Ahead of National Mediation Week commencing on 16th January, Today’s Family Lawyer spoke with Mary Raymont of Advantage Mediation on the role mediators play in family law – both now and in the future.
What is family mediation?
Family mediation is a voluntary approach to achieve solutions for families involving an independent mediator. This approach is flexible and tailored to meet the circumstances of the participants who remain in control of the decision-making process.
A family mediator helps identify issues to be resolved and the information needed to make informed decisions. Families can then find solutions through discussion and negotiation and reach mutually acceptable outcomes.
As a family law mediator (with a background of being a solicitor), I can give information about the approach of family law and the courts. I do not give legal advice which is for the participant’s lawyers to do.
All negotiations are confidential to enable a frank and honest exchange of views. We spend time developing options and considering the impact of various outcomes by reality testing. If a solution is achieved this remains confidential and is not legally binding. This enables the participants to take legal advice before becoming legally committed.
Family mediation takes a holistic approach to the whole family including children’s views where appropriate.
Not all situations are suitable for family mediation and screening for all forms of domestic abuse takes place throughout to ensure it is safe and suitable for all participants.
What role are family mediators currently playing in family law?
Family mediators are involved at every stage of family law. At the start of any family law issue, consideration can be given to involving a mediator. Family mediation can involve couples, extended family members, and children. Mediators initially provide a triage service considering the team around the family including friends, family, and professionals, assessing, and signposting suitable resources to ensure maximum support.
Mediators can provide an entirely flexible approach involving all interested participants and including, where suitable, lawyers and experts such as family consultants, valuers, independent financial advisors, and independent social workers. Mediation is adaptable to integrate with other resolution approaches such as collaborative law, private FDR, early neutral evaluation, and arbitration and can be used alongside the court process.
All of this is entirely voluntary, but there is a more formal role for mediators to carry out information and assessment meetings for those who wish to resolve their issues via the traditional court process. This certification process is called a mediation information and assessment meeting (MIAM).
Under Section 10(1) of the Children and Families Act 2014, it is now a requirement for a person to attend a MIAM before making certain kinds of applications to obtain a court order. This is because the family mediation process is supported by overwhelmed judges and encouraged by courts as the benefits include, not only reduced costs to reach a solution but also a more amicable outcome.
The Family Mediation Council has given very detailed specifications on the information to be covered in this assessment meeting which usually takes about an hour. At that stage, the participant may never have heard of or understood the alternatives to the court process, and this is a valuable opportunity to review all out-of-court options for resolution.
What frequent issues are family mediators currently encountering as part of the separation process?

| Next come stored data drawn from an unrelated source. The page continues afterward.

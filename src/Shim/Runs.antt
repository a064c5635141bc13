-- ===== src/Shim/Runs.antt =====
-- Sequences of installations and removals of shims on one host.
use runtime_class_manager.Base.{
  ◌<◌, ◌≡◌, ◌≢◌, refl, sym, ap, ◌∙◌, Bool, Option, none, some, Text, text_eq, ◌==◌, ==_iff, arith,
  All, inl, inr, Bool-cases,
}
use mathlib.Core.Option.{some-injective}
use runtime_class_manager.Go.Outcome.{ok}
use runtime_class_manager.Machine.{Machine}
use runtime_class_manager.Machine.Laws.{IsLawful}
use runtime_class_manager.State.{State, get, lock_path, find_shim}
use runtime_class_manager.State.Entry.{Shim}
use runtime_class_manager.State.Store.{with_entry, without_entry, IsAscii, Holds, find_shim-Finds}
use runtime_class_manager.State.Disk.{get-Finds, lock_content}
use runtime_class_manager.Shim.{Config, runtime_name, dst_path, install, uninstall}
use runtime_class_manager.Shim.Recording.{IsSource, recorded_shim, Installed}
use runtime_class_manager.Shim.Installation.{install-Installed}
use runtime_class_manager.Shim.Uninstallation.{Uninstalled, uninstall-Uninstalled}

-- What is asked of the binaries that are installed: their destinations are no two the same, unless
-- the binaries have one runtime name, and none is the lock file.
pub record AreApart {W : Type 0} (m : Machine W) (L : IsLawful m.host_fs) (c : Config)
    (IsBinary : Text → Type 0) : Type 0 where
  pub from_lock :
      (a : Text) → IsBinary a → L.resolve (dst_path c a) ≢ L.resolve (lock_path c.rcm_path)
  pub same_name :
      (a b : Text)
      → IsBinary a
      → IsBinary b
      → L.resolve (dst_path c a) ≡ L.resolve (dst_path c b)
      → runtime_name a ≡ runtime_name b
  pub name_ascii : (a : Text) → IsBinary a → IsAscii (runtime_name a)
  pub dst_ascii : (a : Text) → IsBinary a → IsAscii (dst_path c a)

module _ {W : Type 0} (m : Machine W) (c : Config) (IsBinary : Text → Type 0) where
  -- One installation or removal that went through, and any number of them.
  pub data Step (w : W) : W → Type 0 where
    installs :
        {r : Text × Bool} (bin : Text)
        → IsBinary bin
        → (install m c bin w).0 ≡ ok r
        → Step w (install m c bin w).1
    uninstalls :
        {p : Text} (name : Text) → (uninstall m c name w).0 ≡ ok p → Step w (uninstall m c name w).1

  pub data Run (w : W) : W → Type 0 where
    start : Run w w
    next : {w' w'' : W} → Run w w' → Step w' w'' → Run w w''

entry_injective : {a b : Shim} → some (some a) ≡ some (some b) → a ≡ b
entry_injective h = some-injective _ _ (some-injective _ _ h)

module _ {W : Type 0} (m : Machine W) (L : IsLawful m.host_fs) (c : Config)
    (IsBinary : Text → Type 0) where
  -- The binary of an entry: it lies where the entry says, and the entry has its digest.
  pub record IsStored (name : Text) (s : Shim) (w : W) : Type 0 where
    pub bin : Text
    pub bytes : Text
    pub bin-IsBinary : IsBinary bin
    pub named : runtime_name bin ≡ name
    pub located : s.path ≡ dst_path c bin
    pub copied : L.content w (L.resolve s.path) ≡ some bytes
    pub hashed : m.sha256 bytes ≡ s.sha256

  abbrev pub AreStored : (Text → Option (Option Shim)) → W → Type 0
  AreStored find w = (name : Text) (s : Shim) → find name ≡ some (some s) → IsStored name s w

  record IsConsistent (w : W) : Type 0 where
    pub find : Text → Option (Option Shim)
    pub holds : Holds (lock_content m.host_fs L c.rcm_path w) find
    pub stored : AreStored find w

  module _ (apart : AreApart m L c IsBinary) (source : IsSource m L)
      (digest : (bytes : Text) → All (λ b. b < 256) (m.sha256 bytes)) where
    pub install-AreStored :
        (find : Text → Option (Option Shim)) (bin bytes : Text) (w : W) {r : _} {changed : Bool}
        → IsBinary bin
        → AreStored find w
        → Installed m L c bin find w r changed bytes
        → AreStored (with_entry (runtime_name bin) (recorded_shim m L c bin bytes) find) r.1
    install-AreStored find bin bytes w binary stored i name s found =
        elim (Bool-cases (name == runtime_name bin)) [
          | inl same ↦
              let is : recorded_shim m L c bin bytes ≡ s = entry_injective (rw (same) at found) in
              let named : name ≡ runtime_name bin = (==_iff name (runtime_name bin)).0 same in
              rw (← is) (record {
                bin = bin;
                bytes = bytes;
                bin-IsBinary = binary;
                named = sym named;
                located = refl;
                copied = i.copied;
                hashed = refl;
              })
          | inr other ↦
              let old = stored name s (rw (other) at found) in
              let differs : name ≢ runtime_name bin =
                λ e. absurd (ground (arith, other, (==_iff name (runtime_name bin)).1 e)) in
              record {
                bin = old.bin;
                bytes = old.bytes;
                bin-IsBinary = old.bin-IsBinary;
                named = old.named;
                located = old.located;
                copied =
                    i.others (L.resolve s.path)
                      (λ e. differs (
                        sym old.named
                        ∙ apart.same_name old.bin bin old.bin-IsBinary binary
                            (ap L.resolve (sym old.located) ∙ e)))
                      (λ e.
                        apart.from_lock old.bin old.bin-IsBinary
                          (ap L.resolve (sym old.located) ∙ e))
                    ∙ old.copied;
                hashed = old.hashed;
              }
        ]

    uninstall-AreStored :
        (find : Text → Option (Option Shim)) (removed : Text) (w : W) {r : _} {gone : Shim}
        → AreStored find w
        → Uninstalled m L c removed find w r gone
        → AreStored (without_entry removed find) r.1
    uninstall-AreStored find removed w {r} {gone} stored u name s found =
        elim (Bool-cases (name == removed)) [
          | inl same ↦ absurd (ground (arith, found, same))
          | inr other ↦
              let old = stored name s (rw (other) at found) in
              let was = stored removed gone u.known in
              let differs : name ≢ removed =
                λ e. absurd (ground (arith, other, (==_iff name removed).1 e)) in
              record {
                bin = old.bin;
                bytes = old.bytes;
                bin-IsBinary = old.bin-IsBinary;
                named = old.named;
                located = old.located;
                copied =
                    u.others (L.resolve s.path)
                      (λ e. differs (
                        sym old.named
                        ∙ apart.same_name old.bin was.bin old.bin-IsBinary was.bin-IsBinary
                            (ap L.resolve (sym old.located) ∙ e ∙ ap L.resolve was.located)
                        ∙ was.named))
                      (λ e.
                        apart.from_lock old.bin old.bin-IsBinary
                          (ap L.resolve (sym old.located) ∙ e))
                    ∙ old.copied;
                hashed = old.hashed;
              }
        ]

    Step-IsConsistent : {w w' : W} → IsConsistent w → Step m c IsBinary w w' → IsConsistent w'
    Step-IsConsistent {w} k (installs bin binary h) =
        let (changed, bytes, i) =
          install-Installed m L c bin (apart.from_lock bin binary) source
            (apart.name_ascii bin binary) (apart.dst_ascii bin binary) digest k.find w k.holds h in
        record {
          find = with_entry (runtime_name bin) (recorded_shim m L c bin bytes) k.find;
          holds = i.recorded;
          stored = install-AreStored k.find bin bytes w binary k.stored i;
        }
    Step-IsConsistent {w} k (uninstalls name h) =
        let (s, u) = uninstall-Uninstalled m L c name k.find w k.holds h in
        record {
          find = without_entry name k.find;
          holds = u.recorded;
          stored = uninstall-AreStored k.find name w k.stored u;
        }

    Run-IsConsistent : {w w' : W} → IsConsistent w → Run m c IsBinary w w' → IsConsistent w'
    Run-IsConsistent k start = k
    Run-IsConsistent k (next run step) = Step-IsConsistent (Run-IsConsistent k run) step

    -- However installations and removals that go through follow each other on a lawful file system
    -- without a lock file at first, every entry that the lock file then gives has a file at its
    -- path whose digest is that of the entry: where destinations are not the lock file, no two of
    -- them are the same unless the runtime names are, names and destinations are in ASCII, reading
    -- the source changes no file, and digests are made of bytes.
    pub Run-find_shim :
        {w w' : W}
        → lock_content m.host_fs L c.rcm_path w ≡ none
        → Run m c IsBinary w w'
        → (st : State) (name : Text) (s : Shim) → (get m.host_fs c.rcm_path w').0 ≡ ok st
        → find_shim st name ≡ some (some s)
        → (bytes : Text) × (L.content w' (L.resolve s.path) ≡ some bytes)
          × (m.sha256 bytes ≡ s.sha256)
    Run-find_shim {w} {w'} empty run st name s got found =
        let begun : IsConsistent w = record {
          find = λ _. none;
          holds = Holds.absent empty (λ _. refl);
          stored = λ n t e. absurd (ground arith);
        } in
        let k = Run-IsConsistent begun run in
        let finds = get-Finds m.host_fs L c.rcm_path w' k.holds got in
        let stored = k.stored name s (sym (find_shim-Finds finds name) ∙ found) in
        (stored.bytes, stored.copied, stored.hashed)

When separation occurs, typical issues are housing, child arrangements, and immediate financial issues such as debt, paying the mortgage, and living expenses. Rehousing is often the most pressing issue. This involves a lot of practical work including obtaining mortgage capacity reports, indications of market value, and researching re-housing costs. Pension issues are also common and can be demystified by bringing in a pension on divorce expert.
Since the pandemic, parents have been working from home and more flexibly than before. This has led to parents being more available for their children without the long commute to work and strict office hours. Families have been able to re-evaluate their child arrangements and become more involved in hands on care of their children than ever before.
Family mediation is often described as an underused tool. What are the benefits of family mediation that make increased uptake so important?
Family mediation gives far more control over decision-making to the participants. It is their family, after all, who must live with the outcome.
The family mediation process itself is less stressful than court as timeframes and information are realistic to allow for deadlines and meetings which are achievable.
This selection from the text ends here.